Remembering the original problem that state is being modified at the router level where the routes are dependent on state, here's another option:

<Router key={new Date()} ... >

ESWAT commented

Cleared up the errors on my end. FWIW this is what my index/main looks like:

const root = document.getElementById('root');

const renderApp = () => {
  const routes = require('./routes').default;

  render(
    <AppContainer>
      <Provider {...stores} children={routes} />
    </AppContainer>,
    root
  );
};

renderApp();

if (module.hot) {
  module.hot.accept('./routes', () => {
    unmountComponentAtNode(root);
    renderApp();
  });

For routes:

const routes = (
  <Router history={browserHistory}>
    <Route path="/" component={App}>
      <IndexRoute getComponent={(location, cb) => {
        require.ensure([], (require) => {
          cb(null, require('~/views/Home'));
        });
      }}
      />
      <Route path="/compose" getComponent={(location, cb) => {
        require.ensure([], (require) => {
          cb(null, require('~/views/Compose'));
        });
      }}
      etc…

I found a very simple solution:
<Router key={Math.random()} history={browserHistory} >...</Router>

does providing a key not cause you to lose state?

I have added they key to a project, https://github.com/peter-mouland/react-lego#react-hot-loader-v3, and when hot-reloading is complete state is lost. Without the key i do get the warning, but hot-reload completes keeping state intact

after hot reloading my states stayed the same

@frankwallis's Solution worked for me.

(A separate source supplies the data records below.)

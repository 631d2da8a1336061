-- ===== src/Link/Parser/RoundTrip/Steps.antt =====
-- The steps of a parser that has the bytes of a frame in front of it.
use dnp.Prelude.{
  ℕ, zero, suc, ◌+◌, ◌-◌, ◌≤◌, ◌<◌, ◌≡◌, refl, sym, ap, ◌∙◌, true, List, [], ◌++◌, arith, length,
  take, drop, get_or, lt→ltb, take-append, take_all, append-nil,
}
use dnp.Link.Crc.{is_correct_crc, add_crc}
use dnp.Link.Header.{
  LinkHeader, read_header, write_header, header_bytes, header_fields, valid_length,
}
use dnp.Link.HeaderLaws.{read-write_header}
use dnp.Link.Frame.{
  calc_frame_size, calc_user_data_size, write_user_data, validate_body_crc, read_blocks,
}
use dnp.Link.Blocks.{is_correct_crc-add_crc, length-write_blocks, validate_blocks-write_blocks}
use dnp.Link.InPlace.{Moved, extract, extract-write_blocks, read_blocks-Moved}
use dnp.Link.Validation.{user_data_length, validate_function_code, validate_payload}
use dnp.Link.Buffer.{ShiftableBuffer, num_bytes_read, read_buffer, sync, sync_loop}
use dnp.Link.Parser.{
  find_sync, read_header_state, read_body, complete, LinkLayerParser, parse_sync, parse_header,
  parse_body, read_frame_header, validate_header_parameters, validate_body, transfer_user_data,
  parse_one_step, pushed_frame,
}

sync_loop-here :
    (fuel : ℕ) (b : ShiftableBuffer)
    → 0 < fuel
    → 1 < num_bytes_read b
    → get_or (read_buffer b) 0 0 ≡ 0x05
    → get_or (read_buffer b) 1 0 ≡ 0x64
    → sync_loop fuel b ≡ (b, true)
unfolding sync_loop
sync_loop-here zero b f h e₀ e₁ = absurd (omega arith)
sync_loop-here (suc fuel) b f h e₀ e₁ = rw (lt→ltb 1 (num_bytes_read b) h, e₀, e₁)

-- A header that the parser accepts, in front of the data that its length counts.
pub record Accepted (h : LinkHeader) (payload : List ℕ) : Type 0 where
  pub counted : h.length ≡ length payload + 5
  pub short : length payload ≤ 250
  pub addresses : (h.dest < 65536) × (h.src < 65536)
  pub function : validate_function_code h ≡ true
  pub carried : validate_payload h ≡ true

-- The bytes of a frame.
abbrev pub frame_bytes : LinkHeader → List ℕ → List ℕ
frame_bytes h payload = write_header h ++ write_user_data payload (length payload)

module _ (h : LinkHeader) (payload : List ℕ) (a : Accepted h payload) where
  pub length-frame_bytes : length (frame_bytes h payload) ≡ calc_frame_size (length payload)
  unfolding write_header add_crc calc_frame_size
  length-frame_bytes = omega (
    arith,
    length-write_blocks (length payload) payload (length payload) (omega arith) (omega arith),
  )

  header_correct : is_correct_crc (frame_bytes h payload) 8 ≡ true
  unfolding write_header
  header_correct = is_correct_crc-add_crc (header_bytes h) _ 8 refl

  header_read : read_header (frame_bytes h payload) ≡ h
  header_read = read-write_header h _ a.addresses.0 a.addresses.1

  start_05 : get_or (frame_bytes h payload) 0 0 ≡ 0x05
  unfolding write_header
  start_05 = refl

  start_64 : get_or (frame_bytes h payload) 1 0 ≡ 0x64
  unfolding write_header
  start_64 = refl

  body_of_frame :
      (tail : List ℕ)
      → drop 10 (frame_bytes h payload ++ tail) ≡ write_user_data payload (length payload) ++ tail
  unfolding write_header add_crc
  body_of_frame tail = refl

  user_data_length-eq : user_data_length h ≡ length payload
  user_data_length-eq = omega (arith, a.counted, a.short)

  pub frame_size-ge : 10 ≤ calc_frame_size (length payload)
  unfolding calc_frame_size
  frame_size-ge = omega arith

  pub frame_size-le : calc_frame_size (length payload) ≤ 292
  unfolding calc_frame_size calc_user_data_size
  frame_size-le = ground (arith, a.short)

pub size-bound : (n : ℕ) → n ≤ 250 → 10 + calc_user_data_size n ≤ 292
unfolding calc_user_data_size
size-bound n h = ground (arith, h)

-- A parser with a frame, and nothing else, in front of it.
pub record Holding (p : LinkLayerParser) (h : LinkHeader) (payload : List ℕ) : Type 0 where
  pub tail : List ℕ
  pub memory : p.buffer.bytes ≡ frame_bytes h payload ++ tail
  pub start : p.buffer.read_pos ≡ 0
  pub whole : p.buffer.write_pos ≡ calc_frame_size (length payload)
  pub large : length p.buffer.bytes ≡ 292

module _ (p : LinkLayerParser) (h : LinkHeader) (payload : List ℕ) (a : Accepted h payload)
    (c : Holding p h payload) where
  held_num : num_bytes_read p.buffer ≡ calc_frame_size (length payload)
  held_num = omega (arith, c.start, c.whole)

  held_bytes : read_buffer p.buffer ≡ frame_bytes h payload
  held_bytes =
      ap (λ n. take n (drop p.buffer.read_pos p.buffer.bytes)) {y = p.buffer.write_pos}
        (omega (arith, c.start))
      ∙ ap (λ i. take p.buffer.write_pos (drop i p.buffer.bytes)) c.start
      ∙ ap (λ b. take p.buffer.write_pos b) c.memory
      ∙ take-append p.buffer.write_pos (frame_bytes h payload) c.tail
          (omega (arith, length-frame_bytes h payload a, c.whole))

  pub step_sync : p.state ≡ find_sync → parse_one_step p ≡ record p { state = read_header_state }
  unfolding parse_one_step parse_sync sync
  step_sync e = ground (
    arith,
    held_num,
    frame_size-ge h payload a,
    sync_loop-here (num_bytes_read p.buffer) p.buffer
        (omega (arith, held_num, frame_size-ge h payload a))
        (omega (arith, held_num, frame_size-ge h payload a))
        (ap (λ b. get_or b 0 0) held_bytes ∙ start_05 h payload a)
        (ap (λ b. get_or b 1 0) held_bytes ∙ start_64 h payload a),
  )

  pub step_header :
      p.state ≡ read_header_state
      → parse_one_step p
        ≡ record p { header = h; frame_size = calc_frame_size (length payload); state = read_body }
  unfolding parse_one_step parse_header read_frame_header validate_header_parameters valid_length
  step_header e = ground (
    arith,
    held_num,
    frame_size-ge h payload a,
    ap read_header held_bytes ∙ header_read h payload a,
    ap (λ b. is_correct_crc b 8) held_bytes ∙ header_correct h payload a,
    a.counted,
    a.function,
    a.carried,
    user_data_length-eq h payload a,
  )

  held_body : drop 10 (read_buffer p.buffer) ≡ write_user_data payload (length payload)
  held_body =
      ap (drop 10) held_bytes
      ∙ ap (drop 10) (sym (append-nil (frame_bytes h payload)))
      ∙ body_of_frame h payload a []
      ∙ append-nil _

  body_correct : validate_body_crc (drop 10 (read_buffer p.buffer)) (length payload) ≡ true
  body_correct =
      ap (λ body. validate_body_crc body (length payload))
        (held_body ∙ sym (append-nil (write_user_data payload (length payload))))
      ∙ validate_blocks-write_blocks (length payload) payload [] (length payload) (omega arith)
          (omega arith)

  pub step_body :
      p.state ≡ read_body
      → p.header ≡ h
      → p.frame_size ≡ calc_frame_size (length payload)
      → parse_one_step p ≡ record (transfer_user_data p) { state = complete }
  unfolding parse_one_step parse_body validate_body
  step_body e f g = ground (
    arith,
    held_num,
    g,
    ap (λ n. validate_body_crc (drop 10 (read_buffer p.buffer)) n) {x = p.header.length - 5}
          {y = length payload} (omega (arith, ap (λ (l : LinkHeader). l.length) f, a.counted))
        ∙ body_correct,
  )

  moved :
      Moved
        (length payload)
        p.buffer.bytes
        10
        0
        (length payload)
        (read_blocks (length payload) p.buffer.bytes 10 0 (length payload))
  moved =
      read_blocks-Moved (length payload) p.buffer.bytes 10 0 (length payload) (omega arith)
        (omega arith) (omega (arith, c.large, a.short, size-bound (length payload) a.short))

  -- The data that the parser hands on is the payload.
  moved_payload :
      take (length payload) (read_blocks (length payload) p.buffer.bytes 10 0 (length payload))
      ≡ payload
  moved_payload =
      ap (λ n. take n (read_blocks (length payload) p.buffer.bytes 10 0 (length payload)))
        {x = length payload} {y = 0 + length payload} (omega arith)
      ∙ moved.front
      ∙ ap (λ b. extract (length payload) (drop 10 b) (length payload)) c.memory
      ∙ ap (λ b. extract (length payload) b (length payload)) (body_of_frame h payload a c.tail)
      ∙ extract-write_blocks (length payload) payload c.tail (length payload) (omega arith)
          (omega arith)
      ∙ take_all (length payload) payload (omega arith)

  pub pushed :
      p.header ≡ h
      → p.buffer.read_pos ≡ 0
      → pushed_frame (record (transfer_user_data p) { state = complete })
        ≡ (header_fields h, payload)
  unfolding pushed_frame transfer_user_data
  pushed f g =
      ap
        (λ n. (
          header_fields p.header,
          take n (read_blocks n p.buffer.bytes (p.buffer.read_pos + 10) 0 n),
        ))
        {x = p.header.length - 5} {y = length payload}
        (omega (arith, ap (λ (l : LinkHeader). l.length) f, a.counted))
      ∙ ap
          (λ r. (
            header_fields p.header,
            take (length payload)
                (read_blocks (length payload) p.buffer.bytes r 0 (length payload)),
          ))
          {x = p.buffer.read_pos + 10} {y = 10} (omega (arith, g))
      ∙ ap
          (λ l. (
            header_fields l,
            take (length payload)
                (read_blocks (length payload) p.buffer.bytes 10 0 (length payload)),
          ))
          f
      ∙ ap (λ d. (header_fields h, d)) moved_payload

Adding a unique key to the router.

let counter = 0
const App=(props)=>{
    counter++
        return (
        <Router key={counter} history={browserHistory}>

edit:

changed it to Math.random() @sterjakovigor thanks!

great to hear, must be my app having state problems then πŸ€”

Here is my workaround, just adding one line:

import React from 'react';
import { Provider } from 'react-redux';
import { Router } from 'react-router';
import routeConfig from '../common/routeConfig';

export default class Root extends React.Component {
  render() {
    const { store, history } = this.props; // eslint-disable-line
    if (!this.routeConfig) this.routeConfig = routeConfig;

    return (
      <Provider store={store}>
        <Router history={history} routes={this.routeConfig} />
      </Provider>
    );
  }
}

I looked at the source code: https://github.com/ReactTraining/react-router/blob/6eeb7ad358f987520f5b519e48bdd31f725cbade/modules/Router.js , the warning is just logged when routes changes, so just always pass the first one to it.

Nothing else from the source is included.